Lent is a season of contemplating dust.

I never knew the whole “dust to dust” thing was a specific quote from the Hebrew scriptures.  I knew of many references to dust, in the creation stories and otherwise, but tonight, as I was copying and pasting the classic “to every season…” passage from Ecclesiastes 3 I read to the end of the chapter.

If you need a refresher on the words of Ecclesiastes 3, here’s a tambourine heavy video of The Byrds singing the Pete Seeger penned hit “Turn! Turn! Turn!” on live television in 1965.  (Of no relevance to this post is how on earth men managed to have bangs and hair that behaved the way these musicians’ hairs, corporately, are behaving. How??)  All is vanity, writes Mr. Ecclesiastes, including hairstyles for men that surely require sitting in one of those colander shaped salon hair dryers.

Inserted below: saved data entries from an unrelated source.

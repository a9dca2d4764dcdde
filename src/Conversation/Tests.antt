-- ===== src/Conversation/Tests.antt =====
-- Two programs of the engine in Engine/Tests: a call of its procedure, of another one, and its list.
use ipc_portable.Common.{
  ℕ, ◌+◌, ◌≡◌, refl, true, false, none, some, List, [], ◌∷◌, ◌++◌, arith, length,
}
use ipc_portable.Stream.{DataStream}
use ipc_portable.Stream.Bytes.{write_unsafe, store_loop}
use ipc_portable.Stream.Procs.{ProcDescription}
use ipc_portable.Signature.{codes, params_string}
use ipc_portable.Call.Packets.{Creates}
use ipc_portable.Call.Values.{bool_value, bool, get_value}
use ipc_portable.Call.Invocation.{arg_names, call_layout}
use ipc_portable.Engine.Jobs.{Engine, called, wrote}
use ipc_portable.Engine.Rejecting.{rejection, told, with_effects}
use ipc_portable.Engine.Tests.{
  zeros, one_arg, always_false, error_handler, engine, engine-IsProcs, f-IsCall, g-IsCall,
  f_has_handler, g_is_unknown, rejection-small, rejection-Creates,
}
use ipc_portable.Calling.{call_packet}
use ipc_portable.Calling.Packets.{setting}
use ipc_portable.Conversation.{serve}
use ipc_portable.Conversation.Returning.{call-returns}
use ipc_portable.Conversation.Failing.{call-fails, respond_rejection}

f-Creates : Creates zeros (12 + length (call_layout (codes "f") true (codes "bool") one_arg))
unfolding write_unsafe store_loop params_string
f-Creates = (_, refl, refl)

g-Creates : Creates zeros (12 + length (call_layout (codes "g") true (codes "bool") one_arg))
unfolding write_unsafe store_loop params_string
g-Creates = (_, refl, refl)

call-returns_example :
    (request answer : List ℕ) × (e' : Engine) × (stream rest : DataStream) × (call_packet
        (some zeros)
        (setting (codes "f") none)
        (codes "bool")
        true
        7
        one_arg
      ≡ some (some request))
    × (serve request engine ≡ some (none, e'))
    × (e'.effects ≡ called always_false one_arg ∷ (wrote answer ∷ []))
    × (serve answer engine ≡ some (some stream, engine))
    × (get_value bool stream ≡ some (bool_value false, rest))
call-returns_example =
    call-returns (codes "f") (codes "bool") one_arg always_false (bool_value false) 7 zeros zeros
      engine engine f-IsCall (omega arith) (omega arith) f-Creates engine-IsProcs f_has_handler refl
      refl refl tt (omega arith) (_, refl, refl) refl refl refl

call-fails_example :
    (request answer : List ℕ) × (e' : Engine) × (call_packet
        (some zeros)
        (setting (codes "g") none)
        (codes "bool")
        true
        7
        one_arg
      ≡ some (some request))
    × (serve request engine ≡ some (none, e'))
    × (e'.effects
        ≡ told
            (some error_handler)
            (rejection (codes "g") (codes "bool") (params_string (arg_names one_arg)))
          ++ (wrote answer ∷ []))
    × (e'.procs ≡ engine.procs)
    × (serve answer engine
        ≡ some (
          none,
          with_effects engine (
              told
                (some error_handler)
                (respond_rejection (codes "g") (codes "bool") (params_string (arg_names one_arg)))),
        ))
call-fails_example =
    call-fails (codes "g") (codes "bool") one_arg 7 zeros zeros engine engine g-IsCall (omega arith)
      (omega arith) g-Creates engine-IsProcs g_is_unknown rejection-small rejection-Creates refl
      refl refl

abbrev only_f : List ProcDescription
only_f =
    record {
      name = codes "f";
      return_type = codes "bool";
      params_types = codes "bool;";
      comment = [];
    }
    ∷ []
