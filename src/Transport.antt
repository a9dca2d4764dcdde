-- ===== src/Transport.antt =====
-- Ipc/MAssIpc_Transport.h: `MAssIpc_TransportCopy`, the byte transport that the library's user
-- supplies, as the operations that the library calls. The contract of its reading side: the bytes
-- that have arrived form a queue, which `Read` takes from at the front.
pub mod Memory
use ipc_portable.Common.{ℕ, ◌≤◌, ◌≡◌, Bool, Option, some, List, length, take, drop}

pub record TransportCopy : Type 1 where
  pub State : Type 0
  -- `false` cancels the wait.
  pub wait_respond : ℕ → State → Bool × State
  pub read_bytes_available : State → ℕ
  -- `none` is `false`.
  pub read : ℕ → State → Option (List ℕ) × State
  pub write : List ℕ → State → State

pub record IsQueue (t : TransportCopy) : Type 0 where
  pub queued : t.State → List ℕ
  pub available_lem : (s : t.State) → t.read_bytes_available s ≡ length (queued s)
  pub read_bytes_lem :
      (n : ℕ) (s : t.State) → n ≤ length (queued s) → (t.read n s).0 ≡ some (take n (queued s))
  pub read_queue_lem :
      (n : ℕ) (s : t.State) → n ≤ length (queued s) → queued (t.read n s).1 ≡ drop n (queued s)
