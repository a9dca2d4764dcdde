-- ===== src/Parser.antt =====
-- Ipc/MAssIpc_PacketParser.h and Ipc/MAssIpc_PacketParser.cpp: the parser that cuts the bytes of a
-- transport into packets. Each call takes what has arrived and gives a packet when it is complete.
pub mod Filling
pub mod Framing
pub mod Delivery
pub mod Tests
use Prim.Native.Nat.{min}
use ipc_portable.Common.{
  ℕ, zero, ◌+◌, ◌-◌, ◌%◌, Bool, true, false, not, ◌&&◌, Option, none, some, List, [], length,
  replicate, ltb, ◌==◌, if◌then◌else◌, u32_mod, add32, sub32,
}
use ipc_portable.Stream.{store_at}
use ipc_portable.Stream.Bytes.{read_unsafe}
use ipc_portable.Packet.{c_invalid_packet_size, c_net_call_packet_header_size}
use ipc_portable.Transport.{TransportCopy}

pub data ReadDataStatus : Type 0 where
  available nodata failed : ReadDataStatus

pub record ReadState : Type 0 where
  pub data_size : ℕ
  pub need_size : ℕ
  pub raw_header_buffer : List ℕ

abbrev pub initial_state : ReadState
initial_state = record {
  data_size = c_invalid_packet_size;
  need_size = c_net_call_packet_header_size;
  raw_header_buffer = replicate 12 0;
}

pub record PacketParser : Type 0 where
  pub header_data : Option (List ℕ)
  pub incoming : ReadState

abbrev pub initial_parser : PacketParser
initial_parser = record { header_data = none; incoming = initial_state }

-- What one call of `ReadDataIsAvailable` leaves behind.
pub record ReadOutcome (T : Type 0) : Type 0 where
  pub status : ReadDataStatus
  pub buffer : List ℕ
  pub need_size : ℕ
  pub transport : T

-- What one call of `ReadNeededDataSize` returns (`size`) and leaves behind.
pub record Needed (T : Type 0) : Type 0 where
  pub size : ℕ
  pub packet : Option (List ℕ)
  pub parser : PacketParser
  pub transport : T

module _ (t : TransportCopy) where
  -- The bytes that the transport gave, put at their place.
  unfoldable pub place :
      List ℕ → ℕ → ℕ → ℕ → Option (List ℕ) × t.State → Option (ReadOutcome t.State)
  place buffer pos need_size read_size (none, s) =
      some (record { status = failed; buffer = buffer; need_size = need_size; transport = s })
  place buffer pos need_size read_size (some bytes, s) = elim (store_at buffer pos bytes) [
    | none ↦ none
    | some buffer' ↦ some (record {
      status = available;
      buffer = buffer';
      need_size = sub32 need_size read_size;
      transport = s;
    })
  ]

  -- `ReadDataIsAvailable`, with the pointer `buffer + start`.
  unfoldable pub read_data_is_available :
      List ℕ → ℕ → ℕ → ℕ → t.State → Option (ReadOutcome t.State)
  unfolding place
  read_data_is_available buffer start incoming_packet_data_size need_size s =
      let available_size = t.read_bytes_available s in
      let read_size = min need_size available_size in
      if ltb 0 available_size
      then (if read_size == 0
          then some
              (record { status = available; buffer = buffer; need_size = need_size; transport = s })
          else place buffer (start + sub32 incoming_packet_data_size need_size) need_size read_size
              (t.read read_size s))
      else some (record { status = nodata; buffer = buffer; need_size = need_size; transport = s })

  -- `ReceiveReadHeader`: the packet's buffer, with the header copied to its front. The bytes of a
  -- new buffer have no value before they are written; zeros stand for them.
  unfoldable pub receive_read_header : PacketParser → Option PacketParser
  receive_read_header p =
      let data_size = read_unsafe 4 p.incoming.raw_header_buffer in
      elim (store_at (replicate (add32 c_net_call_packet_header_size data_size) 0) 0
        p.incoming.raw_header_buffer) [
          | none ↦ none
          | some buffer ↦ some (record {
            header_data = some buffer;
            incoming = record p.incoming { data_size = data_size; need_size = data_size };
          })
        ]

  -- The first `if` of `ReadNeededDataSize`, behind the read of header bytes. `true` tells that the
  -- read failed.
  unfoldable pub header_arrived :
      ReadOutcome t.State → PacketParser → Option (Bool × PacketParser × t.State)
  unfolding receive_read_header
  header_arrived o p = elim o.status [
    | failed ↦ some (true, p, o.transport)
    | nodata ↦ some (false, p, o.transport)
    | available ↦
        if o.need_size == 0
        then (elim (receive_read_header p) [
          | none ↦ none
          | some p' ↦ some (false, p', o.transport)
        ])
        else some (false, p, o.transport)
  ]

  unfoldable pub header_phase : PacketParser → t.State → Option (Bool × PacketParser × t.State)
  unfolding read_data_is_available header_arrived
  header_phase p s =
      if not (p.incoming.data_size == c_invalid_packet_size)
      then some (false, p, s)
      else (elim (read_data_is_available p.incoming.raw_header_buffer 0
          c_net_call_packet_header_size p.incoming.need_size s) [
            | none ↦ none
            | some o ↦ header_arrived o (record p {
              incoming = record p.incoming {
                raw_header_buffer = o.buffer;
                need_size = o.need_size;
              };
            })
          ])

  -- The second `if`, behind the read of data bytes: the packet is handed out when it is complete.
  unfoldable pub data_arrived : ReadOutcome t.State → PacketParser → Needed t.State
  data_arrived o p = elim o.status [
    | failed ↦ record {
      size = c_invalid_packet_size;
      packet = none;
      parser = p;
      transport = o.transport;
    }
    | _ ↦
        if o.need_size == 0
        then record {
          size = c_net_call_packet_header_size;
          packet = some o.buffer;
          parser = initial_parser;
          transport = o.transport;
        }
        else record { size = o.need_size; packet = none; parser = p; transport = o.transport }
  ]

  unfoldable pub data_phase : PacketParser → t.State → Option (Needed t.State)
  unfolding read_data_is_available data_arrived
  data_phase p s =
      if p.incoming.data_size == c_invalid_packet_size
      then some (record { size = p.incoming.need_size; packet = none; parser = p; transport = s })
      else (elim p.header_data [
        | none ↦ none
        | some buffer ↦
            elim (read_data_is_available buffer c_net_call_packet_header_size p.incoming.data_size
              p.incoming.need_size s) [
                | none ↦ none
                | some o ↦ some (
                    data_arrived o (record {
                      header_data = some o.buffer;
                      incoming = record p.incoming { need_size = o.need_size };
                    }))
              ]
      ])

  -- `ReadNeededDataSize`.
  unfoldable pub read_needed_data_size : PacketParser → t.State → Option (Needed t.State)
  unfolding header_phase data_phase
  read_needed_data_size p s = elim (header_phase p s) [
    | none ↦ none
    | some (true, p', s') ↦
        some (record { size = c_invalid_packet_size; packet = none; parser = p'; transport = s' })
    | some (false, p', s') ↦ data_phase p' s'
  ]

Anyway, after all the parallelism – mourn/dance, gain/lose, tear/sew – is a funny section about animals:

For what happens to the sons of men also happens to animals; one thing befalls them: as one dies, so dies the other. Surely, they all have one breath; man has no advantage over animals, for all is vanity.  All go to one place: all are from the dust, and all return to dust. 

And there it is: dust, to dust.  Life to death, in this season.  And also death to life.  Everything Has Its Time is how the Biblical caption writer chooses to summarize “a time to…and a time to…”  Adam was made from dust, and we are, all of us, returning to dust.  Everything has its time.


Post #4 of 40 Daze: A Lenten Writing Practice.